> [TASK DIRECTIONS] The answer should be each line of the records that contains the word "whole"; please copy them all.

> [RECORDS FOR THIS TASK]
-- ===== src/Cache/GatherBlocks.antt =====
-- The outer loop of `flushBlocks` in client_src/cache.cpp, over the blocks to flush.
use net_fs.Prelude.{
  ℕ, ◌+◌, ◌-◌, ◌*◌, ◌/◌, ◌%◌, ◌<◌, ◌≤◌, List, [], ◌∷◌, get_elem?_within, Option, none, some, ◌==◌,
  leb, ==_iff, str_eq, nat_eq, string_eq, ◌&&◌, ◌||◌, Bool, true, false, if◌then◌else◌, find,
  at-find, ok, ◌>>=◌, ◌≡◌, refl, sym, ap, subst, ◌∙◌, arith, Bool-cases, inl, inr, Option-cases,
}
use net_fs.Range.Sorted.{covers}
use net_fs.Cache.Entry.{CacheEntry}
use net_fs.Cache.Contents.{IsBlock, byte_at, or_else, covers-Within}
use net_fs.Cache.State.{Backend}
use net_fs.Cache.Span.{block_order}
use net_fs.Cache.Written.{place}
use net_fs.Cache.Flush.{Flushing, flush_ranges, gather}
use net_fs.Cache.Gather.{Stores, Ready, Reaches, pending}
use net_fs.Cache.Gathered.{with_ranges, flush_ranges_lem}

unfoldable pub contains : List ℕ → ℕ → Bool
contains [] k = false
contains (b ∷ bs) k = b == k || contains bs k

-- The valid byte of a file's entries at a position.
unfoldable pub entry_byte : ℕ → List (ℕ × CacheEntry) → ℕ → Option ℕ
entry_byte block_size entries pos = elim (find (pos / block_size) entries) [
  | none ↦ none
  | some e ↦ byte_at e (pos % block_size)
]

quotient : (b n pos : ℕ) → 0 < n → b * n ≤ pos → pos - b * n < n → b ≡ pos / n
quotient b n pos h low inner =
    let (whole, rest) = place n pos h in
    elim (block_order n b (pos / n)) [
      | inl (same, _) ↦ sym same
      | inr (inl (_, before)) ↦ absurd (omega arith)
      | inr (inr (_, after)) ↦ absurd (omega arith)
    ]

-- The bytes of the valid ranges of a block are its valid bytes.
block_bytes :
    (f : List ℕ) (block_size b : ℕ) (e : CacheEntry) (entries : List (ℕ × CacheEntry))
    (old : List ℕ → ℕ → Option ℕ) (g : List ℕ) (pos : ℕ)
    → 0 < block_size
    → IsBlock block_size e
    → find b entries ≡ some e
    → with_ranges f e (b * block_size) e.valid_ranges old g pos ≡ (
        if str_eq f g && b == pos / block_size
        then or_else (entry_byte block_size entries pos) (old g pos)
        else old g pos)
unfolding with_ranges entry_byte byte_at
block_bytes f block_size b e entries old g pos positive block there =
    elim (Bool-cases (b == pos / block_size)) [
      | inl here ↦
          let eb : b ≡ pos / block_size = (==_iff b (pos / block_size)).0 here in
          let there' : find (pos / block_size) entries ≡ some e =
            subst (λ (k : ℕ). find k entries ≡ some e) eb there in
          let base : b * block_size ≡ pos / block_size * block_size =
            ap (λ (k : ℕ). k * block_size) eb in
          let low : leb (b * block_size) pos ≡ true = ground arith in
          let inner : pos - b * block_size ≡ pos % block_size = omega arith in
          let value : entry_byte block_size entries pos ≡ byte_at e (pos % block_size) =
            rw (entry_byte, there') refl in
          elim (Bool-cases (covers e.valid_ranges (pos % block_size))) [
            | inl valid ↦
                let (v, byte) =
                  get_elem?_within e.content (pos % block_size)
                    (omega (arith, block.whole, block.within (pos % block_size) valid)) in
                rw (inner, low, here, value, valid, byte) refl
            | inr missing ↦ rw (inner, low, here, value, missing) (ground arith)
          ]
      | inr elsewhere ↦
          let outside : (leb (b * block_size) pos && covers e.valid_ranges (pos - b * block_size))
              ≡ false =
            (elim (Bool-cases (covers e.valid_ranges (pos - b * block_size))) [
              | inl valid ↦
                  let small : pos - b * block_size < block_size =
                    block.within (pos - b * block_size) valid in
                  elim (Bool-cases (leb (b * block_size) pos)) [
                    | inl low ↦
                        let q : b ≡ pos / block_size =
                          quotient b block_size pos positive (ground arith) small in
                        absurd (ground (arith, (==_iff b (pos / block_size)).1 q))
                    | inr high ↦ ground arith
                  ]
              | inr missing ↦ ground arith
            ]) in
          rw (outside, elsewhere) (ground arith)
    ]

-- The bytes of some blocks over those of before.
abbrev pub with_blocks :
    List ℕ → ℕ → List (ℕ × CacheEntry) → List ℕ → (List ℕ → ℕ → Option ℕ) → List ℕ → ℕ → Option ℕ
with_blocks f block_size entries blocks old g pos =
    if str_eq f g && contains blocks (pos / block_size)
    then or_else (entry_byte block_size entries pos) (old g pos)
    else old g pos

module _ {S : Type 0} (backend : Backend S) (bound : ℕ) (remote : S → List ℕ → ℕ → ℕ)
    (stores : Stores backend bound remote) (f : List ℕ) (block_size : ℕ)
    (entries : List (ℕ × CacheEntry)) (positive : 0 < block_size)
    (whole : (b : ℕ) (e : CacheEntry) → find b entries ≡ some e → IsBlock block_size e) where
  gather_go :
      (b : ℕ) (blocks : List ℕ) (e : CacheEntry) (fl fl₁ : Flushing S) (code : ℕ)
      → find b entries ≡ some e
      → flush_ranges backend f block_size b e e.valid_ranges fl ≡ ok (code, fl₁)
      → (code == 0) ≡ true
      → gather backend f block_size entries (b ∷ blocks) fl
        ≡ gather backend f block_size entries blocks fl₁
  unfolding gather
  gather_go b blocks e fl fl₁ code there run done =
      rw (at-find b entries there, ◌>>=◌, run, done) refl

  gather_stop :
      (b : ℕ) (blocks : List ℕ) (e : CacheEntry) (fl fl₁ : Flushing S) (code : ℕ)
      → find b entries ≡ some e
      → flush_ranges backend f block_size b e e.valid_ranges fl ≡ ok (code, fl₁)
      → (code == 0) ≡ false
      → gather backend f block_size entries (b ∷ blocks) fl ≡ ok (code, fl₁)
  unfolding gather
  gather_stop b blocks e fl fl₁ code there run failed =
      rw (at-find b entries there, ◌>>=◌, run, failed) refl

  blocks_step :
      (b : ℕ) (blocks : List ℕ) (e : CacheEntry) (old mid : List ℕ → ℕ → Option ℕ) (g : List ℕ)
      (pos : ℕ)
      → find b entries ≡ some e
      → mid g pos ≡ with_ranges f e (b * block_size) e.valid_ranges old g pos
      → with_blocks f block_size entries blocks mid g pos
        ≡ with_blocks f block_size entries (b ∷ blocks) old g pos
  unfolding contains
  blocks_step b blocks e old mid g pos there added =
      let same =
        added ∙ block_bytes f block_size b e entries old g pos positive (whole b e there) there in
      elim (Bool-cases (contains blocks (pos / block_size))) [
        | inl later ↦ elim (Option-cases (entry_byte block_size entries pos)) [
          | inl miss ↦ ground arith
          | inr (v, byte) ↦ ground arith
        ]
        | inr not_later ↦ ground arith
      ]

  gather_step :
      (b : ℕ) (blocks : List ℕ) (e : CacheEntry) (fl : Flushing S)
      → find b entries ≡ some e
      → Reaches backend bound remote f
          (flush_ranges backend f block_size b e e.valid_ranges fl)
          (with_ranges f e (b * block_size) e.valid_ranges (pending remote f fl))
      → ((fl₁ : Flushing S)
          → Ready bound fl₁
          → Reaches backend bound remote f
              (gather backend f block_size entries blocks fl₁)
              (with_blocks f block_size entries blocks (pending remote f fl₁)))
      → Reaches backend bound remote f
          (gather backend f block_size entries (b ∷ blocks) fl)
          (with_blocks f block_size entries (b ∷ blocks) (pending remote f fl))
  gather_step b blocks e fl here (code, fl₁, run, inl failed) next =
      (code, fl₁, gather_stop b blocks e fl fl₁ code here run (ground arith), inl failed)
  gather_step b blocks e fl here (code, fl₁, run, inr (done, ready, all)) next =
      let (code', fl', run', effect) = next fl₁ ready in
      (
        code',
        fl',
        gather_go b blocks e fl fl₁ code here run (ground arith) ∙ run',
        elim effect [
          | inl failed ↦ inl failed
          | inr (done', ready', all') ↦ inr (
            done',
            ready',
            λ g pos.
                all' g pos
                ∙ blocks_step b blocks e (pending remote f fl) (pending remote f fl₁) g pos here
                    (all g pos),
          )
        ],
      )

  -- The loop over the blocks adds their valid bytes to what is pending, unless a write-back fails.
  pub gather_lem :
      (blocks : List ℕ) (fl : Flushing S)
      → ((b : ℕ)
          → contains blocks b ≡ true
          → (e : CacheEntry) × (find b entries ≡ some e) × (b * block_size + block_size < bound))
      → Ready bound fl
      → Reaches backend bound remote f
          (gather backend f block_size entries blocks fl)
          (with_blocks f block_size entries blocks (pending remote f fl))
  unfolding contains
  gather_lem [] fl there ready =
      (0, fl, unfold gather in refl, inr (refl, ready, λ g pos. ground arith))
  gather_lem (b ∷ blocks) fl there ready =
      let (e, here, fits) = there b (ground (arith, ==_iff b b)) in
      let block = whole b e here in
      let within = covers-Within block_size 0 e.valid_ranges block.sorted block.within in
      gather_step b blocks e fl here
        (flush_ranges_lem backend bound remote stores f block_size b e (b * block_size)
          e.valid_ranges 0 fl refl fits block.whole block.sorted within ready)
        (λ fl₁ ready₁. gather_lem blocks fl₁ (λ k h. there k (ground arith)) ready₁)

> [TASK SOLUTION]
    let (whole, rest) = place n pos h in
                    (omega (arith, block.whole, block.within (pos % block_size) valid)) in
    (whole : (b : ℕ) (e : CacheEntry) → find b entries ≡ some e → IsBlock block_size e) where
        added ∙ block_bytes f block_size b e entries old g pos positive (whole b e there) there in
      let block = whole b e here in
          e.valid_ranges 0 fl refl fits block.whole block.sorted within ready)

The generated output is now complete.